● Exercise data:
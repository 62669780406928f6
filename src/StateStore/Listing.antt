-- ===== src/StateStore/Listing.antt =====
-- `list_data_files` of data/state_store.py.
use binance_algo.Base.{
  ℕ, String, Bool, true, false, Option, none, some, List, [], ◌∷◌, map, ◌&&◌, ◌||◌, ltb, leb,
  str_eq, string_leb, if◌then◌else◌, contains, ◌==◌,
}
use binance_algo.Table.{select_all}
use binance_algo.Manifest.{DataFileRecord, DataFileStatus, file_status_eq}
use binance_algo.StateStore.Schema.{StateDb}
use binance_algo.StateStore.Files.{data_file_from_row}

-- The keyword arguments; an empty set or tuple is no condition, as is `None`.
pub record FileFilter : Type 0 where
  pub logical_dataset : Option String
  pub layer : Option String
  pub statuses : List DataFileStatus
  pub symbols : List String
  pub interval : Option String
  pub start_time_ms : Option ℕ
  pub end_time_ms : Option ℕ
  pub ingestion_run_id : Option String

abbrev pub every_file : FileFilter
every_file = record {
  logical_dataset = none;
  layer = none;
  statuses = [];
  symbols = [];
  interval = none;
  start_time_ms = none;
  end_time_ms = none;
  ingestion_run_id = none;
}

-- `column = ?`
abbrev equals : Option String → String → Bool
equals none value = true
equals (some wanted) value = str_eq value wanted

abbrev has_status : List DataFileStatus → DataFileStatus → Bool
has_status [] status = false
has_status (s ∷ ss) status = file_status_eq status s || has_status ss status

-- `status IN (…)`
abbrev status_in : List DataFileStatus → DataFileStatus → Bool
status_in [] status = true
status_in (s ∷ ss) status = has_status (s ∷ ss) status

-- `symbol IN (…)`
abbrev symbol_in : List String → String → Bool
symbol_in [] symbol = true
symbol_in (s ∷ ss) symbol = contains symbol (s ∷ ss)

-- `end_time_ms >= ?` and `start_time_ms <= ?`
abbrev ends_after : Option ℕ → ℕ → Bool
ends_after none end = true
ends_after (some start) end = leb start end

abbrev starts_before : Option ℕ → ℕ → Bool
starts_before none start = true
starts_before (some end) start = leb start end

-- The `WHERE` clause.
unfoldable pub matches : FileFilter → DataFileRecord → Bool
matches f r =
    equals f.logical_dataset r.logical_dataset
    && equals f.layer r.layer
    && equals f.interval r.interval
    && equals f.ingestion_run_id r.ingestion_run_id
    && status_in f.statuses r.status
    && symbol_in f.symbols r.symbol
    && ends_after f.start_time_ms r.end_time_ms
    && starts_before f.end_time_ms r.start_time_ms

-- `ORDER BY symbol, interval, start_time_ms, file_id`
unfoldable pub listed_before : DataFileRecord → DataFileRecord → Bool
listed_before r s =
    if str_eq r.symbol s.symbol
    then (if str_eq r.interval s.interval
        then (if r.start_time_ms == s.start_time_ms
            then string_leb r.file_id s.file_id
            else ltb r.start_time_ms s.start_time_ms)
        else string_leb r.interval s.interval)
    else string_leb r.symbol s.symbol

unfoldable pub insert_file : DataFileRecord → List DataFileRecord → List DataFileRecord
unfolding listed_before
insert_file r [] = r ∷ []
insert_file r (s ∷ rs) =
    let rest = insert_file r rs in if listed_before r s then r ∷ s ∷ rs else s ∷ rest

unfoldable pub sort_files : List DataFileRecord → List DataFileRecord
unfolding insert_file
sort_files [] = []
sort_files (r ∷ rs) = insert_file r (sort_files rs)

unfoldable pub list_data_files : FileFilter → StateDb → List DataFileRecord
unfolding sort_files select_all matches
list_data_files f db = map data_file_from_row (sort_files (select_all (matches f) db.data_files))
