-- ===== src/Streams/Json.antt =====
-- JSON documents as `orjson.loads` gives them, and the results of the parsers of
-- exchange/binance_usdm/public_streams.py.
use binance_algo.Base.{
  subst, eq_iff, ap, arith, ℕ, String, Bool, true, false, Option, none, some, Result, ok, err, ◌≡◌,
  refl, if◌then◌else◌, str_eq,
}

pub data ℤ : Type 0 where
  pos negsuc : ℕ → ℤ

-- A number with a point or an exponent is kept as its text.
mutual
  pub data Json : Type 0 where
    null : Json
    boolean : Bool → Json
    integer : ℤ → Json
    decimal : String → Json
    text : String → Json
    array : Items → Json
    object : Members → Json

  pub data Items : Type 0 where
    no_items : Items
    item : Json → Items → Items

  pub data Members : Type 0 where
    no_members : Members
    member : String → Json → Members → Members

-- `document.get(key)`
unfoldable pub get : String → Members → Option Json
get k no_members = none
get k (member j v rest) = if str_eq j k then some v else get k rest

-- `document.get(key) == value`
abbrev pub is_text : String → Option Json → Bool
is_text s (some (text t)) = str_eq t s
is_text s _ = false

-- `DataContractError`, by what its message says.
pub data StreamError : Type 0 where
  invalid_json not_an_object missing_stream_or_data server_shutdown symbol_mismatch : StreamError
  unsupported_stream unexpected_event_type different_interval : String → StreamError
  invalid_type not_an_integer not_numeric not_finite : String → StreamError
  no_symbols duplicate_symbols no_subscriptions negative_id : StreamError
  no_names : String → StreamError

infixl 5 ◌>>=◌ ◌>>◌
unfoldable pub ◌>>=◌ {ℓ κ μ} :
    {E : Type ℓ} {A : Type κ} {B : Type μ} → Result E A → (A → Result E B) → Result E B
ok a >>= f = f a
err e >>= f = err e

abbrev pub ◌>>◌ {ℓ κ μ} :
    {E : Type ℓ} {A : Type κ} {B : Type μ} → Result E A → Result E B → Result E B
m >> k = m >>= λ _. k

abbrev pub fail_if {ℓ} : {E : Type ℓ} → Bool → E → Result E (Unit {0})
fail_if true e = err e
fail_if false e = ok tt

-- What holds of a result that is not an error.
abbrev pub Returns {ℓ κ μ} : {E : Type ℓ} {A : Type κ} → (A → Type μ) → Result E A → Type μ
Returns P (ok a) = P a
Returns P (err e) = Unit

pub Returns-bind {ℓ κ μ ν} :
    {E : Type ℓ} {A : Type κ} {B : Type μ} (P : B → Type ν) (m : Result E A) (f : A → Result E B)
    → ((a : A) → m ≡ ok a → Returns P (f a))
    → Returns P (m >>= f)
unfolding ◌>>=◌
Returns-bind P (ok a) f h = h a refl
Returns-bind P (err e) f h = tt

pub Returns-map {ℓ κ μ ν} :
    {E : Type ℓ} {A : Type κ} {P : A → Type μ} {Q : A → Type ν} (r : Result E A)
    → ((a : A) → P a → Q a)
    → Returns P r
    → Returns Q r
Returns-map (ok a) f h = f a h
Returns-map (err e) f h = tt

pub is_text_iff : (s : String) (o : Option Json) → is_text s o ≡ true → o ≡ some (text s)
is_text_iff s none h = ground arith
is_text_iff s (some (text t)) h = ap (λ u. some (text u)) ((eq_iff t s).0 h)
is_text_iff s (some null) h = ground arith
is_text_iff s (some (boolean _)) h = ground arith
is_text_iff s (some (integer _)) h = ground arith
is_text_iff s (some (decimal _)) h = ground arith
is_text_iff s (some (array _)) h = ground arith
is_text_iff s (some (object _)) h = ground arith

pub Returns-at {ℓ κ μ} :
    {E : Type ℓ} {A : Type κ} (P : A → Type μ) (r : Result E A) {a : A}
    → Returns P r
    → r ≡ ok a
    → P a
Returns-at P r h e = subst (Returns P) e h
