-- ===== src/Streams/Schemas.antt =====
-- The schemas of exchange/binance_usdm/public_streams.py, and rows that conform to one.
use binance_algo.Base.{String, Bool, List, [], ◌∷◌, ◌++◌, ◌≡◌}
use binance_algo.Streams.Json.{ℤ}

-- `StreamEventType`
pub data StreamEventType : Type 0 where
  book_ticker aggregate_trades mark_price kline_1m : StreamEventType

-- `STREAM_EVENT_TYPES`
abbrev pub stream_event_types : List StreamEventType
stream_event_types = book_ticker ∷ aggregate_trades ∷ mark_price ∷ kline_1m ∷ []

-- The data types of polars that the schemas use.
pub data Dtype : Type 0 where
  string int64 int32 float64 boolean : Dtype

abbrev pub Schema : Type 0
Schema = List (String × Dtype)

abbrev pub common_schema : Schema
common_schema = ("event_id", string) ∷ ("symbol", string) ∷ []

abbrev pub trailing_schema : Schema
trailing_schema =
    ("received_time_ns", int64)
    ∷ ("processed_time_ns", int64)
    ∷ ("connection_id", string)
    ∷ ("ingestion_run_id", string)
    ∷ ("source", string)
    ∷ ("schema_version", int32)
    ∷ ("payload_json", string)
    ∷ []

abbrev pub own_schema : StreamEventType → Schema
own_schema book_ticker =
    ("update_id", int64)
    ∷ ("bid_price_str", string)
    ∷ ("bid_qty_str", string)
    ∷ ("ask_price_str", string)
    ∷ ("ask_qty_str", string)
    ∷ ("bid_price", float64)
    ∷ ("bid_qty", float64)
    ∷ ("ask_price", float64)
    ∷ ("ask_qty", float64)
    ∷ ("event_time_ms", int64)
    ∷ ("transaction_time_ms", int64)
    ∷ []
own_schema aggregate_trades =
    ("aggregate_trade_id", int64)
    ∷ ("price_str", string)
    ∷ ("quantity_str", string)
    ∷ ("price", float64)
    ∷ ("quantity", float64)
    ∷ ("first_trade_id", int64)
    ∷ ("last_trade_id", int64)
    ∷ ("trade_time_ms", int64)
    ∷ ("buyer_is_maker", boolean)
    ∷ ("event_time_ms", int64)
    ∷ []
own_schema mark_price =
    ("mark_price_str", string)
    ∷ ("index_price_str", string)
    ∷ ("estimated_settle_price_str", string)
    ∷ ("funding_rate_str", string)
    ∷ ("mark_price", float64)
    ∷ ("index_price", float64)
    ∷ ("estimated_settle_price", float64)
    ∷ ("funding_rate", float64)
    ∷ ("next_funding_time_ms", int64)
    ∷ ("event_time_ms", int64)
    ∷ []
own_schema kline_1m =
    ("interval", string)
    ∷ ("open_time_ms", int64)
    ∷ ("close_time_ms", int64)
    ∷ ("open", float64)
    ∷ ("high", float64)
    ∷ ("low", float64)
    ∷ ("close", float64)
    ∷ ("base_volume", float64)
    ∷ ("quote_volume", float64)
    ∷ ("trade_count", int64)
    ∷ ("taker_buy_base_volume", float64)
    ∷ ("taker_buy_quote_volume", float64)
    ∷ ("is_closed", boolean)
    ∷ ("event_time_ms", int64)
    ∷ ("ingested_at_ns", int64)
    ∷ []

-- `STREAM_SCHEMAS`
unfoldable pub stream_schema : StreamEventType → Schema
stream_schema t = common_schema ++ (own_schema t ++ trailing_schema)

-- The values of a row; `Float` is the type of Python's floats.
pub data Value (Float : Type 0) : Type 0 where
  whole : ℤ → Value Float
  real : Float → Value Float
  written : String → Value Float
  flag : Bool → Value Float

abbrev pub Row : Type 0 → Type 0
Row Float = List (String × Value Float)

-- The kind of a value is that of a column; the parsers do not test whether an integer fits its width.
abbrev pub HasKind : {Float : Type 0} → Value Float → Dtype → Type 0
HasKind (written s) string = Unit
HasKind (whole n) int64 = Unit
HasKind (whole n) int32 = Unit
HasKind (real x) float64 = Unit
HasKind (flag b) boolean = Unit
HasKind _ _ = ⊥

-- The columns of the schema in its order, each with a value of its kind.
abbrev pub Conforms : {Float : Type 0} → Row Float → Schema → Type 0
Conforms [] [] = Unit
Conforms ((k, v) ∷ row) ((c, t) ∷ schema) = (k ≡ c) × HasKind v t × Conforms row schema
Conforms _ _ = ⊥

● What this task involves:
Each line from the one containing "-- The kind" down to the final line of the listing must appear in the answer exactly as written, and no other line may.

● Answer area:
-- The kind of a value is that of a column; the parsers do not test whether an integer fits its width.
abbrev pub HasKind : {Float : Type 0} → Value Float → Dtype → Type 0
HasKind (written s) string = Unit
HasKind (whole n) int64 = Unit
HasKind (whole n) int32 = Unit
HasKind (real x) float64 = Unit
HasKind (flag b) boolean = Unit
HasKind _ _ = ⊥

-- The columns of the schema in its order, each with a value of its kind.
abbrev pub Conforms : {Float : Type 0} → Row Float → Schema → Type 0
Conforms [] [] = Unit
Conforms ((k, v) ∷ row) ((c, t) ∷ schema) = (k ≡ c) × HasKind v t × Conforms row schema
Conforms _ _ = ⊥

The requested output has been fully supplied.